Location
- 1025 South Ortonville Road (M-15) Ortonville, Michigan 48462 United States
- Coordinates: 42°50′15″N 83°26′28″W﻿ / ﻿42.8375000°N 83.4411111°W

Information
- School type: Public
- Established: 1982
- School district: Brandon School District
- Principal: Daniel Stevens
- Teaching staff: 32.40 (FTE)
- Grades: 9-12
- Enrollment: 695 (as of 2023-2024)
- Student to teacher ratio: 21.45
- Campus type: Closed
- Colors: Royal blue and White
- Athletics conference: Flint Metro League
- Mascot: Blackhawk
- Team name: The Blackhawks
- Newspaper: The Hawk's Eye View
- Yearbook: Wingspan

= Brandon High School (Michigan) =

Public secondary school in Ortonville, Michigan

Brandon High School is a public secondary school located in Ortonville, Michigan.

==History==
The now defunct Varsity Hockey team won 4 regional championships in a row.

==Campus==

The current building was completed in 1982.

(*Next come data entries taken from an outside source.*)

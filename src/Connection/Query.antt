-- ===== src/Connection/Query.antt =====
-- The query string that `operator<<` prints is read back by `extract_advanced_options`.
use zookeeper_cpp.Base.{
  ℕ, ℤ, Bool, true, false, ◌&&◌, List, [], ◌∷◌, ◌++◌, ◌≡◌, ◌≢◌, refl, arith, ◌==◌, ◌==ℤ◌, ==ℤ_iff,
  Bool-cases, inl, inr, All, All-append, IsAll-mono, IsAll-intro, Bytes, codes, join, equal,
  join_rest, except, IsAll,
}
use zookeeper_cpp.Error.Result.{ok}
use zookeeper_cpp.Connection.Match.{is_dot}
use zookeeper_cpp.Connection.Split.{ArePieces, split_each_substr, split_each_substr-join}
use zookeeper_cpp.Connection.Params.{
  Seconds, ConnectionParams, default_params, default_timeout, options, options_of, query_of,
}
use zookeeper_cpp.Connection.Parse.{for_each, extract_advanced_options}

-- A byte of a printed number of seconds: neither '&' nor a line terminator.
abbrev pub is_number_byte : ℕ → Bool
is_number_byte c = except b'&' c && is_dot c

-- A timeout for which the printed count of seconds is a text of such bytes, is not empty and does not
-- begin with 'P', and which `std::stod` and the cast to milliseconds read back as it was.
pub record ReadsBack (sec : Seconds) (t : ℤ) : Type 0 where
  pub first : ℕ
  pub others : Bytes
  pub printed : sec.print_seconds t ≡ first ∷ others
  pub not_period : (first == b'P') ≡ false
  pub bytes_class : IsAll is_number_byte (first ∷ others)
  pub reads_back : sec.stod_millis (first ∷ others) ≡ ok t

-- An option's text: not empty, and of bytes that may stand in a query string's part.
abbrev IsOption : Bytes → Type 0
IsOption x = IsAll is_number_byte x × (x ≢ [])

number_byte-except : (c : ℕ) → is_number_byte c ≡ true → except b'&' c ≡ true
number_byte-except c h = ground arith

number_byte-dot : (c : ℕ) → is_number_byte c ≡ true → is_dot c ≡ true
number_byte-dot c h = ground arith

IsOption-ArePieces : (xs : List Bytes) → All IsOption xs → ArePieces b'&' xs
IsOption-ArePieces [] h = tt
IsOption-ArePieces (x ∷ []) h = (IsAll-mono x number_byte-except h.0.0, h.0.1)
IsOption-ArePieces (x ∷ y ∷ xs) h =
    (IsAll-mono x number_byte-except h.0.0, IsOption-ArePieces (y ∷ xs) h.1)

join_rest-dots : (xs : List Bytes) → All IsOption xs → IsAll is_dot (join_rest (codes "&") xs)
join_rest-dots [] h = tt
join_rest-dots (x ∷ xs) h = (
  refl,
  All-append (λ c. is_dot c ≡ true) x (join_rest (codes "&") xs)
      (IsAll-mono x number_byte-dot h.0.0) (join_rest-dots xs h.1),
)

randomize_text : IsOption (codes "randomize_hosts=false")
randomize_text = (IsAll-intro is_number_byte (codes "randomize_hosts=false") refl, λ e. cc e)

read_only_text : IsOption (codes "read_only=true")
read_only_text = (IsAll-intro is_number_byte (codes "read_only=true") refl, λ e. cc e)

timeout_text : (secs : Bytes) → IsAll is_number_byte secs → IsOption (codes "timeout=" ++ secs)
timeout_text secs h = (
  All-append (λ c. is_number_byte c ≡ true) (codes "timeout=") secs
      (IsAll-intro is_number_byte (codes "timeout=") refl) h,
  λ e. cc e,
)

options-IsOption :
    (rand ro dflt : Bool) (secs : Bytes)
    → IsAll is_number_byte secs
    → All IsOption (options rand ro dflt secs)
options-IsOption true false true secs h = tt
options-IsOption false false true secs h = (randomize_text, tt)
options-IsOption true true true secs h = (read_only_text, tt)
options-IsOption false true true secs h = (randomize_text, (read_only_text, tt))
options-IsOption true false false secs h = (timeout_text secs h, tt)
options-IsOption false false false secs h = (randomize_text, (timeout_text secs h, tt))
options-IsOption true true false secs h = (read_only_text, (timeout_text secs h, tt))
options-IsOption false true false secs h =
    (randomize_text, (read_only_text, (timeout_text secs h, tt)))

-- Parameters that have their first three fields, and defaults.
abbrev pub unset : Bytes → List Bytes → Bytes → ConnectionParams
unset schema hosts chroot = record default_params {
  connection_schema = schema;
  hosts = hosts;
  chroot = chroot;
}

-- An option in front: the first byte of the query string is its '?'.
extract_cons :
    (sec : Seconds) (x : Bytes) (xs : List Bytes) (p q : ConnectionParams)
    → All IsOption (x ∷ xs)
    → for_each sec (p, []) (x ∷ xs) ≡ ok (q, [])
    → extract_advanced_options sec (query_of (x ∷ xs)) p ≡ ok q
unfolding extract_advanced_options
extract_cons sec [] xs p q h e = absurd (h.0.1 refl)
extract_cons sec (c ∷ cs) xs p q h e =
    let split : split_each_substr ((c ∷ cs) ++ join_rest (codes "&") xs) b'&' ≡ (c ∷ cs) ∷ xs =
      unfold join in
      split_each_substr-join b'&' ((c ∷ cs) ∷ xs) (IsOption-ArePieces ((c ∷ cs) ∷ xs) h) in
    rw (split, e)

extract_options :
    (sec : Seconds) (xs : List Bytes) (p q : ConnectionParams)
    → All IsOption xs
    → for_each sec (p, []) xs ≡ ok (q, [])
    → extract_advanced_options sec (query_of xs) p ≡ ok q
unfolding extract_advanced_options for_each
extract_options sec [] p q h e = ground arith
extract_options sec (x ∷ xs) p q h e = extract_cons sec x xs p q h e

module _ (sec : Seconds) (schema : Bytes) (hosts : List Bytes) (chroot : Bytes) where
  -- The parameters with all fields given.
  abbrev all_set : Bool → Bool → ℤ → ConnectionParams
  all_set rand ro t = record {
    connection_schema = schema;
    hosts = hosts;
    chroot = chroot;
    randomize_hosts = rand;
    read_only = ro;
    timeout = t;
  }

  for_each-options :
      (t : ℤ) (r : ReadsBack sec t) (rand ro : Bool)
      → for_each sec (unset schema hosts chroot, []) (options rand ro false (r.first ∷ r.others))
        ≡ ok (all_set rand ro t, [])
  unfolding for_each equal
  for_each-options t r true false = rw (r.not_period, r.reads_back)
  for_each-options t r false false = rw (r.not_period, r.reads_back)
  for_each-options t r true true = rw (r.not_period, r.reads_back)
  for_each-options t r false true = rw (r.not_period, r.reads_back)

  for_each-options_default :
      (secs : Bytes) (rand ro : Bool)
      → for_each sec (unset schema hosts chroot, []) (options rand ro true secs)
        ≡ ok (all_set rand ro default_timeout, [])
  unfolding for_each equal
  for_each-options_default secs true false = refl
  for_each-options_default secs false false = refl
  for_each-options_default secs true true = refl
  for_each-options_default secs false true = refl

  for_each-options_cases :
      (t : ℤ) (r : ReadsBack sec t) (rand ro : Bool)
      → for_each sec
          (unset schema hosts chroot, [])
          (options rand ro (t ==ℤ default_timeout) (r.first ∷ r.others))
        ≡ ok (all_set rand ro t, [])
  for_each-options_cases t r rand ro = elim (Bool-cases (t ==ℤ default_timeout)) [
    | inl e ↦ rw (e, (==ℤ_iff t default_timeout).0 e) (for_each-options_default _ rand ro)
    | inr e ↦ rw e (for_each-options t r rand ro)
  ]

-- The options that are printed are read back.
pub extract_advanced_options-options :
    (sec : Seconds) (x : ConnectionParams)
    → ReadsBack sec x.timeout
    → extract_advanced_options sec
        (query_of (options_of sec x))
        (unset x.connection_schema x.hosts x.chroot)
      ≡ ok x
extract_advanced_options-options sec x r = rw r.printed (
    extract_options sec _ _ x
      (options-IsOption x.randomize_hosts x.read_only (x.timeout ==ℤ default_timeout) _
        r.bytes_class)
      (for_each-options_cases sec x.connection_schema x.hosts x.chroot x.timeout r x.randomize_hosts
        x.read_only))

-- What stands behind the '?' holds no line terminator.
pub query_of-dots :
    (sec : Seconds) (x : ConnectionParams)
    → ReadsBack sec x.timeout
    → (o : Bytes) (os : List Bytes) → options_of sec x ≡ o ∷ os
    → IsAll is_dot (o ++ join_rest (codes "&") os)
query_of-dots sec x r o os e =
    let all : All IsOption (o ∷ os) = rw e at (
      options-IsOption x.randomize_hosts x.read_only (x.timeout ==ℤ default_timeout)
        (sec.print_seconds x.timeout) (rw r.printed r.bytes_class)) in
    All-append (λ c. is_dot c ≡ true) o (join_rest (codes "&") os)
      (IsAll-mono o number_byte-dot all.0.0) (join_rest-dots os all.1)
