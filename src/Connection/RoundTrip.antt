-- ===== src/Connection/RoundTrip.antt =====
-- Parsing a printed connection string.
use zookeeper_cpp.Base.{
  List, [], ◌∷◌, ◌++◌, ◌≡◌, ◌≢◌, refl, ◌∙◌, Bytes, codes, join, join_rest, except, IsAll, All,
  All-append, true,
}
use zookeeper_cpp.Error.Result.{ok}
use zookeeper_cpp.Connection.Match.{TailMatches, path_only, path_and_query, Matches, is_dot}
use zookeeper_cpp.Connection.Match.Complete.{regex_match_complete}
use zookeeper_cpp.Connection.Split.{ArePieces, split_each_substr-join}
use zookeeper_cpp.Connection.Params.{
  Seconds, ConnectionParams, options_of, query_of, to_string, to_string_lem,
}
use zookeeper_cpp.Connection.Parse.{extract_host_list, parse}
use zookeeper_cpp.Connection.Query.{ReadsBack, extract_advanced_options-options, query_of-dots}

-- Parameters whose printed form is a connection string for them: a schema with no ':'; one host or
-- more, with no ',' or '/', the last of them not empty; a path that begins with '/' and has no '?';
-- and a timeout that is read back.
pub record IsPrintable (sec : Seconds) (x : ConnectionParams) : Type 0 where
  pub schema_class : IsAll (except b':') x.connection_schema
  pub schema_ne_nil : x.connection_schema ≢ []
  pub hosts_ne_nil : x.hosts ≢ []
  pub hosts_pieces : ArePieces b',' x.hosts
  pub hosts_class : All (IsAll (except b'/')) x.hosts
  pub path : Bytes
  pub chroot_is : x.chroot ≡ b'/' ∷ path
  pub path_class : IsAll (except b'?') path
  pub timeout_reads_back : ReadsBack sec x.timeout

join_rest-class :
    (xs : List Bytes)
    → All (IsAll (except b'/')) xs
    → IsAll (except b'/') (join_rest (codes ",") xs)
join_rest-class [] h = tt
join_rest-class (x ∷ xs) h = (
  refl,
  All-append (λ c. except b'/' c ≡ true) x (join_rest (codes ",") xs) h.0 (join_rest-class xs h.1),
)

pub join-class :
    (xs : List Bytes) → All (IsAll (except b'/')) xs → IsAll (except b'/') (join (codes ",") xs)
unfolding join
join-class [] h = tt
join-class (x ∷ xs) h =
    All-append (λ c. except b'/' c ≡ true) x (join_rest (codes ",") xs) h.0 (join_rest-class xs h.1)

pub join-ne-nil : (xs : List Bytes) → xs ≢ [] → ArePieces b',' xs → join (codes ",") xs ≢ []
unfolding join
join-ne-nil [] ne h e = ne refl
join-ne-nil ([] ∷ []) ne h e = h.1 refl
join-ne-nil ((c ∷ cs) ∷ []) ne h e = cc e
join-ne-nil ([] ∷ y ∷ xs) ne h e = cc e
join-ne-nil ((c ∷ cs) ∷ y ∷ xs) ne h e = cc e

query-TailMatches :
    (p : Bytes) (xs : List Bytes)
    → IsAll (except b'?') p
    → ((x : Bytes) (r : List Bytes) → xs ≡ x ∷ r → IsAll is_dot (x ++ join_rest (codes "&") r))
    → TailMatches (b'/' ∷ p) (query_of xs)
query-TailMatches p [] h d = path_only h
query-TailMatches p (x ∷ r) h d = path_and_query h (d x r refl)

module _ (sec : Seconds) (x : ConnectionParams) (h : IsPrintable sec x) where
  to_string-Matches : Matches (to_string sec x) (record {
    schema = x.connection_schema;
    hostaddr = join (codes ",") x.hosts;
    path = b'/' ∷ h.path;
    querystring = query_of (options_of sec x);
  })
  to_string-Matches = record {
    parts = to_string_lem sec x ∙ rw h.chroot_is;
    schema_class = h.schema_class;
    schema_ne_nil = h.schema_ne_nil;
    host_class = join-class x.hosts h.hosts_class;
    host_ne_nil = join-ne-nil x.hosts h.hosts_ne_nil h.hosts_pieces;
    tail_matches =
        query-TailMatches h.path (options_of sec x) h.path_class
          (query_of-dots sec x h.timeout_reads_back);
  }

  -- Parsing the text that `operator<<` prints gives the same parameters back, every field included, for
  -- printable parameters: a schema with no ':'; one host or more, with no ',' or '/', the last of them
  -- not empty; a path that begins with '/' and has no '?'; and a timeout whose printed count of seconds
  -- the floating point conversions read back.
  pub parse-to_string : parse sec (to_string sec x) ≡ ok x
  unfolding parse extract_host_list
  parse-to_string =
      rw
        (
          regex_match_complete _ _ to_string-Matches,
          parse,
          split_each_substr-join b',' x.hosts h.hosts_pieces,
          ← h.chroot_is,
        )
        (extract_advanced_options-options sec x h.timeout_reads_back)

Brandon High School's two previous incarnations are still standing and in use. The 1973 incarnation became a middle school, and is now Fletcher Intermediate School. That building replaced the 1949 Brandon School, which became Howard T. Burt and, later, Harvey-Swanson Elementary School. Burt and Harvey-Swanson combined to take the Harvey-Swanson Elementary School name. Harvey-Swanson is also the location of Brandon's varsity athletic fields.

==Extracurricular activities==

=== National Honor Society ===
Brandon High School National Honor Society (NHS) is an organization that focuses on developing and support student scholarship, character, service, and leadership throughout high school. The NHS is a Society that is selected by a 5-member Faculty Council every Spring. Sophomores and Juniors are considered for selection based on having a 3.5 GPA or higher. These candidates submit a Candidate Informational Packet to the Faculty Council. This packet provides the Council with an overview of students' activities, service to the community, and leadership experience. Once chosen by the Faculty Council, selected candidates are inducted into the Society every Fall.